It’s been more than seven years since Billy Bob Thornton had his historic “Would you say that to Tom Petty?” outburst when he thought a Canadian radio host was belittling his band, but all of that time definitely hasn’t softened him on the belief that his music career is just as legitimate as his acting career. GQ caught up with him recently for an extensive profile, and he spends a good chunk of the story talking about his band, The Boxmasters. However, just as it was seven years ago, Billy Bob Thornton talking about his band is actually more like Billy Bob Thornton complaining about how people perceive his band.
One of his big sticking points in the article is that he enjoys talking to fans after Boxmasters shows, but he gets sick of people who say they like his band instead of saying they like his band’s music. “You like my band?” He says, “What was I, just fucking masturbating up there?
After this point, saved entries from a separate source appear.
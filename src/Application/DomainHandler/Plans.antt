-- ===== src/Application/DomainHandler/Plans.antt =====
-- The run of a workflow that has no graph: what is put in the queue, and what a failure of the planner
-- leaves behind.
use prism_agent.Prelude.{
  String, ◌≡◌, refl, false, Option, none, some, List, [], ◌∷◌, ◌++◌, Dict, Key,
}
use mathlib.Core.List.{map-append}
use prism_agent.Domain.Events.{EventEnvelope, EventKind, agent_action, wrap}
use prism_agent.Domain.Actions.{PlannedAction}
use prism_agent.Domain.Plans.{AgentPlan, next_pending_action}
use prism_agent.Domain.Results.{ContextSnapshot}
use prism_agent.Domain.Subtasks.{TaskGraph}
use prism_agent.Infrastructure.Queue.{MemoryQueue, enqueue}
use prism_agent.Infrastructure.Registries.{WorkflowDefinition}
use prism_agent.Infrastructure.StateStore.{
  get_plan, save_plan, save_task_graph, save_context_snapshot,
}
use prism_agent.Application.Effects.{
  Outside, OutsideCall, record_run_failed, Runtime, Error, Action, Answer, answered, return, raise,
  pure, throw, outside, gets, try_except, store, fresh, wrapped, enqueue_as, trace, report, ◌>>=◌,
  ◌>>◌,
}
use prism_agent.Application.Effects
use prism_agent.Application.Effects.Keeps.{
  Keeps, Keeps-bind, Keeps-modify, Keeps-outside, keeps_rules,
}
use prism_agent.Application.Effects.Sends.{queued, Queued, Puts, Puts-nothing}
use prism_agent.Application.ActionHandler.{error_text}
use prism_agent.Application.Planner.{PlanRequest, create_plan}
use prism_agent.Application.Planner.Plans.{create_plan-Keeps}
use prism_agent.Application.Coordinator.Tasks.{plan_for_node}
use prism_agent.Application.DomainHandler.Reports.{start_run, report_run, report_failure}
use prism_agent.Application.DomainHandler.Quiet.{raise_if_run_terminal-Keeps}
use prism_agent.Application.DomainHandler.Starts.{
  should_replan, enqueue_first, fail_empty, first_step, continue_plan, save_snapshot, resume_plan,
  plan_root, plan_run, announce, plan_new, with_existing, handle_linear,
}

-- The event of the next action of a plan, if there is one.
abbrev pub event_of : AgentPlan → Option PlannedAction → List EventKind
event_of plan none = []
event_of plan (some action) = agent_action plan.plan_id action.action_id ∷ []

module _ (world : Outside) (envelope : EventEnvelope) where
  trace-Queued :
      (l : List EventKind) (name message : String) (plan action : Option String)
      → Keeps (Queued l) (trace envelope.event name message plan action)
  unfolding trace store
  trace-Queued l name message plan action = Keeps-modify _ (λ s h. h)

  report-Queued : (l : List EventKind) (call : OutsideCall) → Keeps (Queued l) (report world call)
  unfolding report
  report-Queued l call = Keeps-outside call _ (λ s h. h)

  update-Queued :
      (l : List EventKind) (plan : AgentPlan) → Keeps (Queued l) (store (save_plan plan))
  unfolding store
  update-Queued l plan = Keeps-modify _ (λ s h. h)

  fail_empty-Queued :
      (l : List EventKind) (plan : AgentPlan) → Keeps (Queued l) (fail_empty world envelope plan)
  unfolding fail_empty
  fail_empty-Queued l plan =
      search (keeps_rules, trace-Queued, report-Queued, update-Queued) depth 12

  stay-Queued :
      (l : List EventKind) (plan : AgentPlan)
      → Keeps (Queued l) (first_step world envelope plan none)
  unfolding first_step
  stay-Queued l plan = search (keeps_rules, trace-Queued, fail_empty-Queued)

  first_step-Puts :
      (plan : AgentPlan) (o : Option PlannedAction)
      → Puts (first_step world envelope plan o) (event_of plan o)
  unfolding first_step enqueue_first fresh wrapped wrap Effects.enqueue enqueue_as enqueue trace
      store ◌>>=◌
  first_step-Puts plan (some action) =
      λ s. map-append (λ m. m.envelope.event.kind) s.queue.messages _
  first_step-Puts plan none =
      Puts-nothing (first_step world envelope plan none) (λ l. stay-Queued l plan)

  continue_plan-Puts :
      (plan : AgentPlan)
      → Puts (continue_plan world envelope plan) (event_of plan (next_pending_action plan))
  unfolding continue_plan
  continue_plan-Puts plan = first_step-Puts plan (next_pending_action plan)

  -- An event for a run that has a plan, and that asks for no new one, puts in the queue the event of the
  -- next action of the stored plan, if there is one, and no other event.
  pub handle_linear-resumed :
      (workflow : WorkflowDefinition) (snapshot : ContextSnapshot) (run_id : String) (s : Runtime)
      (plan : AgentPlan)
      → get_plan s.store snapshot.context.workspace_id run_id ≡ some plan
      → should_replan envelope (some plan) ≡ false
      → queued (handle_linear world envelope workflow snapshot run_id s).1
        ≡ queued s ++ event_of plan (next_pending_action plan)
  unfolding handle_linear with_existing resume_plan save_snapshot save_context_snapshot trace store
      ◌>>=◌
  handle_linear-resumed workflow snapshot run_id s plan found kept =
      rw (found, kept) (continue_plan-Puts plan _)

  -- The queue and the plans.
  abbrev Same : MemoryQueue → Dict Key AgentPlan → Runtime → Type 0
  Same q plans s = (s.queue ≡ q) × (s.store.plans ≡ plans)

  module _ (workflow : WorkflowDefinition) (snapshot : ContextSnapshot) (run_id : String)
      (q : MemoryQueue) (plans : Dict Key AgentPlan) where
    start_run-Same : Keeps (Same q plans) (start_run world snapshot run_id workflow)
    unfolding start_run report_run
    start_run-Same =
        Keeps-bind _ _ (Keeps-outside _ _ (λ s h. h))
          (λ status. raise_if_run_terminal-Keeps status run_id)

    fresh-Same : Keeps (Same q plans) (fresh world)
    unfolding fresh ◌>>=◌
    fresh-Same = record { at = λ s h. h }

    save_graph-Same : (g : TaskGraph) → Keeps (Same q plans) (store (save_task_graph g))
    unfolding store save_task_graph
    save_graph-Same g = Keeps-modify _ (λ s h. h)

    create_plan-Same : (request : PlanRequest) → Keeps (Same q plans) (create_plan world request)
    create_plan-Same = create_plan-Keeps world (λ s task h. h)

    plan_root-Same : Keeps (Same q plans) (plan_root world envelope workflow snapshot run_id)
    unfolding plan_root plan_for_node
    plan_root-Same = search (keeps_rules, fresh-Same, save_graph-Same, create_plan-Same) depth 20

  -- A failure of the planner: when no plan is stored for a run, the API lets it start and accepts
  -- reports, and the planning raises, the handler raises the same error, it has reported the
  -- failure of the run with the text of the error as its last call, it has put nothing in the
  -- queue, and it has saved no plan.
  pub handle_linear-failed :
      (workflow : WorkflowDefinition) (snapshot : ContextSnapshot) (run_id : String) (s : Runtime)
      (e : Error)
      → get_plan s.store snapshot.context.workspace_id run_id ≡ none
      → (start_run world snapshot run_id workflow s).0 ≡ return tt
      → (plan_root world envelope workflow snapshot run_id
          (start_run world snapshot run_id workflow s).1).0
        ≡ raise e
      → ((calls : List OutsideCall) (call : OutsideCall) → world.report calls call ≡ answered tt)
      → let (result, s') = handle_linear world envelope workflow snapshot run_id s in
        let s'' =
          (plan_root world envelope workflow snapshot run_id
            (start_run world snapshot run_id workflow s).1).1 in
        (result ≡ raise e)
        × (s'.calls
            ≡ s''.calls
              ++ record_run_failed snapshot.context.workspace_id run_id (error_text e) ∷ [])
        × (s'.queue ≡ s.queue)
        × (s'.store.plans ≡ s.store.plans)
  unfolding handle_linear with_existing plan_new plan_run announce report_failure report try_except
      outside throw ◌>>=◌
  handle_linear-failed workflow snapshot run_id s e new started failed accepted =
      let started_same =
        (start_run-Same workflow snapshot run_id s.queue s.store.plans).at s (refl, refl) in
      let same =
        (plan_root-Same workflow snapshot run_id s.queue s.store.plans).at
          (start_run world snapshot run_id workflow s).1 started_same in
      rw (new, started, failed, accepted _ _) (refl, refl, same.0, same.1)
I wrote every fucking word to those songs.” The implication there is that liking his band is disrespectful to the art of his songwriting, much like how everybody always says “I like Tom Petty’s songwriting abilities” and not just “I like Tom Petty.” Also, he hates it when people say things like “oh, you have a band now,” because it’s “really patronizing.”
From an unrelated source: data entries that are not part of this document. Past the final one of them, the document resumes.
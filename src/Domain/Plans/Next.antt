-- ===== src/Domain/Plans/Next.antt =====
-- The choice of the next action (`next_pending_action`).
use prism_agent.Prelude.{
  ℕ, String, ◌≡◌, ◌⊎◌, refl, true, none, some, List, [], ◌∷◌, map, elem, select, all, All, eq_iff,
  ◌==◌, find?-some, find?-none, arith, Bool-cases, inl, inr,
}
use prism_agent.Prelude.Dependencies
use mathlib.Core.List.{Memᴰ}
use prism_agent.Domain.Actions.{PlannedAction, ActionStatus, has_status, is_unblocked}
use prism_agent.Domain.Plans.{
  AgentPlan, PlanStatus, is_open, can_run, completed_action_ids, next_pending_action,
}

-- An action of that name that is completed.
abbrev pub IsCompleted : List PlannedAction → String → Type 0
IsCompleted actions i =
    (a : PlannedAction) × Memᴰ a actions × (a.action_id ≡ i) × (a.status ≡ ActionStatus.completed)

IsCompleted-later :
    (a : PlannedAction) (actions : List PlannedAction) (i : String)
    → IsCompleted actions i
    → IsCompleted (a ∷ actions) i
IsCompleted-later a actions i (b, here, named, done) = (b, Memᴰ.tail here, named, done)

elem-IsCompleted :
    (i : String) (actions : List PlannedAction)
    → elem i (map (λ a. a.action_id) (select (has_status ActionStatus.completed) actions)) ≡ true
    → IsCompleted actions i
elem-IsCompleted i [] h = absurd (ground (arith, h))
elem-IsCompleted i (a ∷ actions) h = elim (Bool-cases (has_status ActionStatus.completed a)) [
  | inl done ↦ elim (Bool-cases (a.action_id == i)) [
    | inl named ↦ (a, Memᴰ.head refl, (eq_iff a.action_id i).0 named, ground (arith, done))
    | inr other ↦
        IsCompleted-later a actions i (elem-IsCompleted i actions (ground (arith, done, other, h)))
  ]
  | inr going ↦
      IsCompleted-later a actions i (elem-IsCompleted i actions (ground (arith, going, h)))
]

all-IsCompleted :
    (names : List String) (actions : List PlannedAction)
    → all
        (λ i. elem i (map (λ a. a.action_id) (select (has_status ActionStatus.completed) actions)))
        names
      ≡ true
    → All (IsCompleted actions) names
all-IsCompleted [] actions h = tt
all-IsCompleted (i ∷ names) actions h = (
  elem-IsCompleted i actions (ground (arith, h)),
  all-IsCompleted names actions (ground (arith, h)),
)

-- A plan that may still run an action.
abbrev pub IsOpen : PlanStatus → Type 0
IsOpen s = (s ≡ PlanStatus.planned) ⊎ (s ≡ PlanStatus.running)

is_open-IsOpen : (s : PlanStatus) → is_open s ≡ true → IsOpen s
is_open-IsOpen PlanStatus.planned h = inl refl
is_open-IsOpen PlanStatus.running h = inr refl
is_open-IsOpen _ h = absurd (ground (arith, h))

unblocked-IsCompleted :
    (plan : AgentPlan) (action : PlannedAction)
    → is_unblocked action (completed_action_ids plan) ≡ true
    → All (IsCompleted plan.actions) action.depends_on
unfolding is_unblocked completed_action_ids
unblocked-IsCompleted plan action h = all-IsCompleted action.depends_on plan.actions h

-- The action that is chosen belongs to the plan and is pending, each action that it depends on is one
-- of the plan that is completed, and the plan is planned or running.
pub next_pending_action-some :
    (plan : AgentPlan) (action : PlannedAction)
    → next_pending_action plan ≡ some action
    → Memᴰ action plan.actions
      × IsOpen plan.status
      × (action.status ≡ ActionStatus.pending)
      × All (IsCompleted plan.actions) action.depends_on
unfolding next_pending_action
next_pending_action-some plan action h = elim (Bool-cases (is_open plan.status)) [
  | inl is_open_plan ↦
      let found =
        find?-some (can_run (completed_action_ids plan)) plan.actions {x = action}
          (ground (arith, is_open_plan, h)) in
      (
        found.0,
        is_open-IsOpen plan.status is_open_plan,
        ground (arith, found.1),
        unblocked-IsCompleted plan action (ground (arith, found.1)),
      )
  | inr closed ↦ absurd (ground (arith, closed, h))
]

abbrev pub ids : List PlannedAction → List String
ids = map (λ action. action.action_id)

-- The actions of a plan are pending or completed, and their dependencies are acyclic and name
-- actions of the plan.
pub record IsRunnable (rank : String → ℕ) (actions : List PlannedAction) : Type 0 where
  pub ranked : Dependencies.IsRanked (λ a. a.action_id) (λ a. a.depends_on) rank actions
  pub closed : Dependencies.IsClosed (λ a. a.action_id) (λ a. a.depends_on) (ids actions) actions
  pub settled :
      All
        (λ a.
          (has_status ActionStatus.pending a ≡ true) ⊎ (has_status ActionStatus.completed a ≡ true))
        actions

-- An open plan with acyclic dependencies has a next action until all of its actions are completed.
pub next_pending_action-none :
    (rank : String → ℕ) (plan : AgentPlan)
    → IsRunnable rank plan.actions
    → is_open plan.status ≡ true
    → next_pending_action plan ≡ none
    → all (has_status ActionStatus.completed) plan.actions ≡ true
unfolding next_pending_action completed_action_ids is_unblocked
next_pending_action-none rank plan r is_open_plan h =
    Dependencies.all_completed-of_idle (λ a. a.action_id) (λ a. a.depends_on)
      (has_status ActionStatus.pending) (has_status ActionStatus.completed) rank plan.actions
      r.ranked r.closed
      (find?-none (can_run (completed_action_ids plan)) plan.actions
        (ground (arith, is_open_plan, h)))
      r.settled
But those annoyances are nothing compared to the fans who ask him to sign Sling Blade DVDs or whatever after a show. He’ll sign them, sure, but he knows that person is going to “go home and fuck missionary like a metronome and never have an original creative idea in [their] life.” He also gets into the roadies and touring musicians who work with his band, most of whom he thinks don’t properly appreciate the honor it is to be near The Boxmasters in the great cities they play in. “People will drag ass and they’ll discuss shit and they’ll talk about this, that, and the other,” he says, and then “they’ll wonder what we’re going to have for fucking lunch.” As the story points out, Thornton doesn’t care about fucking lunch, because all he eats are oat bars covered in some kind of disgusting butter substitute.
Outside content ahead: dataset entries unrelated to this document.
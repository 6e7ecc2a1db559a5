-- ===== src/Domain/Plans/Run.antt =====
-- A plan whose every action succeeds: the loop of `next_pending_action` and `replace_action` that
-- the action handler drives.
use prism_agent.Prelude.{
  ℕ, zero, suc, ◌≤◌, ◌<◌, String, ◌≡◌, ◌≢◌, ◌⊎◌, refl, true, false, Option, none, some, List, [],
  ◌∷◌, map, all, any, elem, count, All, All-mem, arith, Option-cases, Bool-cases, inl, inr, ◌==◌,
  eq_iff, eq_refl, ap,
}
use native.Mathlib.Decide.{dec_lt}
use mathlib.Core.List.{Memᴰ}
use prism_agent.Domain.Actions.{PlannedAction, ActionStatus, has_status, with_status}
use prism_agent.Domain.Plans.{
  AgentPlan, running, completed, is_open, next_pending_action, is_settled, status_of, replace,
  replace_action,
}
use prism_agent.Domain.Plans.Next.{
  ids, IsRunnable, next_pending_action-some, next_pending_action-none,
}

complete : PlannedAction → PlannedAction
complete action = with_status action ActionStatus.completed

commit : AgentPlan → Option PlannedAction → AgentPlan
commit plan none = plan
commit plan (some action) = replace_action plan (complete action)

-- As many steps as the fuel allows. A plan with nothing to run stays as it is.
pub commit_all : ℕ → AgentPlan → AgentPlan
commit_all zero plan = plan
commit_all (suc fuel) plan = commit_all fuel (commit plan (next_pending_action plan))

abbrev pub pending_count : List PlannedAction → ℕ
pending_count = count (has_status ActionStatus.pending)

module _ (new : PlannedAction) where
  ids-replace : (actions : List PlannedAction) → ids (map (replace new) actions) ≡ ids actions
  ids-replace [] = refl
  ids-replace (a ∷ actions) = ground (arith, ids-replace actions, eq_iff a.action_id new.action_id)

  All-replace {κ} :
      (P : PlannedAction → Type κ) (actions : List PlannedAction)
      → P new
      → All P actions
      → All P (map (replace new) actions)
  All-replace P [] p h = tt
  All-replace P (a ∷ actions) p h = elim (Bool-cases (a.action_id == new.action_id)) [
    | inl same ↦ rw same (p, All-replace P actions p h.1)
    | inr other ↦ rw other (h.0, All-replace P actions p h.1)
  ]

pending_count-replace :
    (a : PlannedAction) (actions : List PlannedAction)
    → pending_count (map (replace (complete a)) actions) ≤ pending_count actions
unfolding complete with_status
pending_count-replace a [] = omega arith
pending_count-replace a (b ∷ actions) = ground (arith, pending_count-replace a actions)

pending_count-drops :
    (a : PlannedAction) (actions : List PlannedAction)
    → Memᴰ a actions
    → a.status ≡ ActionStatus.pending
    → pending_count (map (replace (complete a)) actions) < pending_count actions
unfolding complete with_status
pending_count-drops a [] m h = elim m [ ]
pending_count-drops a (b ∷ actions) (Memᴰ.head e) h = ground (
  arith,
  pending_count-replace a actions,
  ap (λ (x : PlannedAction). x.status) e,
  ap (λ (x : PlannedAction). x.action_id) e,
  eq_refl a.action_id,
)
pending_count-drops a (b ∷ actions) (Memᴰ.tail m) h =
    ground (arith, pending_count-drops a actions m h)

IsRunnable-complete :
    (rank : String → ℕ) (a : PlannedAction) (actions : List PlannedAction)
    → Memᴰ a actions
    → IsRunnable rank actions
    → IsRunnable rank (map (replace (complete a)) actions)
unfolding complete with_status
IsRunnable-complete rank a actions m r = record {
  ranked = All-replace (complete a) _ actions (All-mem _ actions r.ranked m) r.ranked;
  closed = rw (ids-replace (complete a) actions) (
      All-replace (complete a) (λ b. All (λ d. elem d (ids actions) ≡ true) b.depends_on) actions
        (All-mem _ actions r.closed m) r.closed);
  settled = All-replace (complete a) _ actions (inr refl) r.settled;
}

abbrev Halfway : PlannedAction → Type 0
Halfway a =
    (has_status ActionStatus.pending a ≡ true) ⊎ (has_status ActionStatus.completed a ≡ true)

settled_when_none_pending :
    (actions : List PlannedAction)
    → All Halfway actions
    → pending_count actions ≡ 0
    → all is_settled actions ≡ true
settled_when_none_pending [] h e = refl
settled_when_none_pending (a ∷ actions) h e =
    ground (arith, h.0, settled_when_none_pending actions h.1)

unsettled_when_pending :
    (actions : List PlannedAction) → 0 < pending_count actions → all is_settled actions ≡ false
unsettled_when_pending [] e = absurd (omega arith)
unsettled_when_pending (a ∷ actions) e = ground (arith, unsettled_when_pending actions)

none_other :
    (s : ActionStatus) (actions : List PlannedAction)
    → ((a : PlannedAction) → Halfway a → has_status s a ≡ false)
    → All Halfway actions
    → any (has_status s) actions ≡ false
none_other s [] f h = refl
none_other s (a ∷ actions) f h = ground (arith, f a h.0, none_other s actions f h.1)

status_of-running :
    (actions : List PlannedAction)
    → All Halfway actions
    → 0 < pending_count actions
    → status_of actions ≡ running
unfolding status_of
status_of-running actions h waits = ground (
  arith,
  unsettled_when_pending actions waits,
  none_other ActionStatus.failed actions (λ a e. ground arith) h,
  none_other ActionStatus.requires_approval actions (λ a e. ground arith) h,
  none_other ActionStatus.stale actions (λ a e. ground arith) h,
)

status_of-completed :
    (actions : List PlannedAction)
    → All Halfway actions
    → pending_count actions ≡ 0
    → status_of actions ≡ completed
unfolding status_of
status_of-completed actions h e = ground (arith, settled_when_none_pending actions h e)

all-completed_pending :
    (actions : List PlannedAction)
    → all (has_status ActionStatus.completed) actions ≡ true
    → pending_count actions ≡ 0
all-completed_pending [] h = refl
all-completed_pending (a ∷ actions) h = ground (arith, all-completed_pending actions)

some-next :
    (rank : String → ℕ) (plan : AgentPlan)
    → IsRunnable rank plan.actions
    → is_open plan.status ≡ true
    → 0 < pending_count plan.actions
    → next_pending_action plan ≢ none
some-next rank plan r o waits h =
    absurd
      (omega (arith, all-completed_pending plan.actions (next_pending_action-none rank plan r o h)))

commit_all-step :
    (fuel : ℕ) (plan : AgentPlan) {o : Option PlannedAction}
    → next_pending_action plan ≡ o
    → commit_all (suc fuel) plan ≡ commit_all fuel (commit plan o)
unfolding commit_all
commit_all-step fuel plan e = ap (λ o. commit_all fuel (commit plan o)) e

commit_all-completed_fix :
    (fuel : ℕ) (plan : AgentPlan)
    → plan.status ≡ completed
    → (commit_all fuel plan).status ≡ completed
unfolding next_pending_action commit
commit_all-completed_fix zero plan e = unfold commit_all in e
commit_all-completed_fix (suc fuel) plan e =
    rw (commit_all-step fuel plan {o = none} (ground (arith, e)))
      (commit_all-completed_fix fuel plan e)

module _ (rank : String → ℕ) (plan : AgentPlan) (r : IsRunnable rank plan.actions)
    (a : PlannedAction) (found : next_pending_action plan ≡ some a) where
  abbrev after : AgentPlan
  after = replace_action plan (complete a)

  chosen : Memᴰ a plan.actions
  chosen = (next_pending_action-some plan a found).0

  after-IsRunnable : IsRunnable rank after.actions
  unfolding replace_action
  after-IsRunnable = IsRunnable-complete rank a plan.actions chosen r

  after-drops : pending_count after.actions < pending_count plan.actions
  unfolding replace_action
  after-drops = pending_count-drops a plan.actions chosen (next_pending_action-some plan a found).2

  after-running : 0 < pending_count after.actions → after.status ≡ running
  unfolding replace_action
  after-running more = status_of-running after.actions after-IsRunnable.settled more

  after-completed : pending_count after.actions ≡ 0 → after.status ≡ completed
  unfolding replace_action
  after-completed e = status_of-completed after.actions after-IsRunnable.settled e

-- An open plan with acyclic dependencies and some pending action is completed after as many
-- successful actions as were pending, whatever the order of the list.
pub commit_all-completed :
    (rank : String → ℕ) (fuel : ℕ) (plan : AgentPlan)
    → IsRunnable rank plan.actions
    → is_open plan.status ≡ true
    → 0 < pending_count plan.actions
    → pending_count plan.actions ≤ fuel
    → (commit_all fuel plan).status ≡ completed
unfolding commit
commit_all-completed rank zero plan r o waits enough = absurd (omega arith)
commit_all-completed rank (suc fuel) plan r o waits enough =
    elim (Option-cases (next_pending_action plan)) [
      | inl none_left ↦ absurd (some-next rank plan r o waits none_left)
      | inr (a, found) ↦
          let drops = after-drops rank plan r a found in
          let next = after rank plan r a found in
          rw (commit_all-step fuel plan found) (elim (dec_lt 0 (pending_count next.actions)) [
            | yes more ↦
                commit_all-completed rank fuel next (after-IsRunnable rank plan r a found)
                  (rw (after-running rank plan r a found more)) more (omega (arith, drops))
            | no last ↦
                commit_all-completed_fix fuel next
                  (after-completed rank plan r a found (omega arith))
          ])
    ]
Now, with all of that said, it may seem like it would be easy to define who Thornton is these days, but then GQ drops a bomb: It turns out that he’s super into My Little Pony. He says he watches the show with his daughter, and he has really “been thinking about and relating to” a multi-episode arc from the Friendship Is Magic show about a village where the ponies are forced to remove their unique cutie marks and replace them with equal signs. Summarizing his thoughts would be a disservice to his art, so here’s the whole thing:
This was amazing because the Mane Six ponies, who are the stars of the show, they go out there because Celestia, who runs Equestria, she will tell Twilight Sparkle she needs to go somewhere, but she doesn’t tell her why…So anyway, suddenly they get captured by them and told that they have to remove their cutie marks and get equal signs. But they said, you know what? No. So Fluttershy, who is my favorite because she kind of talks like Marilyn Monroe, says, ‘Oh, yes.’ Fluttershy acts like she wants to become a member, you know? And so they give her the cutie-mark equal-sign stamp and everything. And then she notices something, like it rains, and it washes off Starlight Glimmer’s equal sign, and she’s got her own cutie mark. So she’s like a Jim Jones cult, you know, right?
The takeaway, apparently, is that he thinks people shouldn’t try to be someone they’re not and promote ideas that they don’t actually believe in.
The piece also goes into why Thornton refuses to direct any more films, but—much to his delight, probably—that stuff isn’t quite as interesting as his band or My Little Pony. (He’s sick of being rejected by studios, basically.)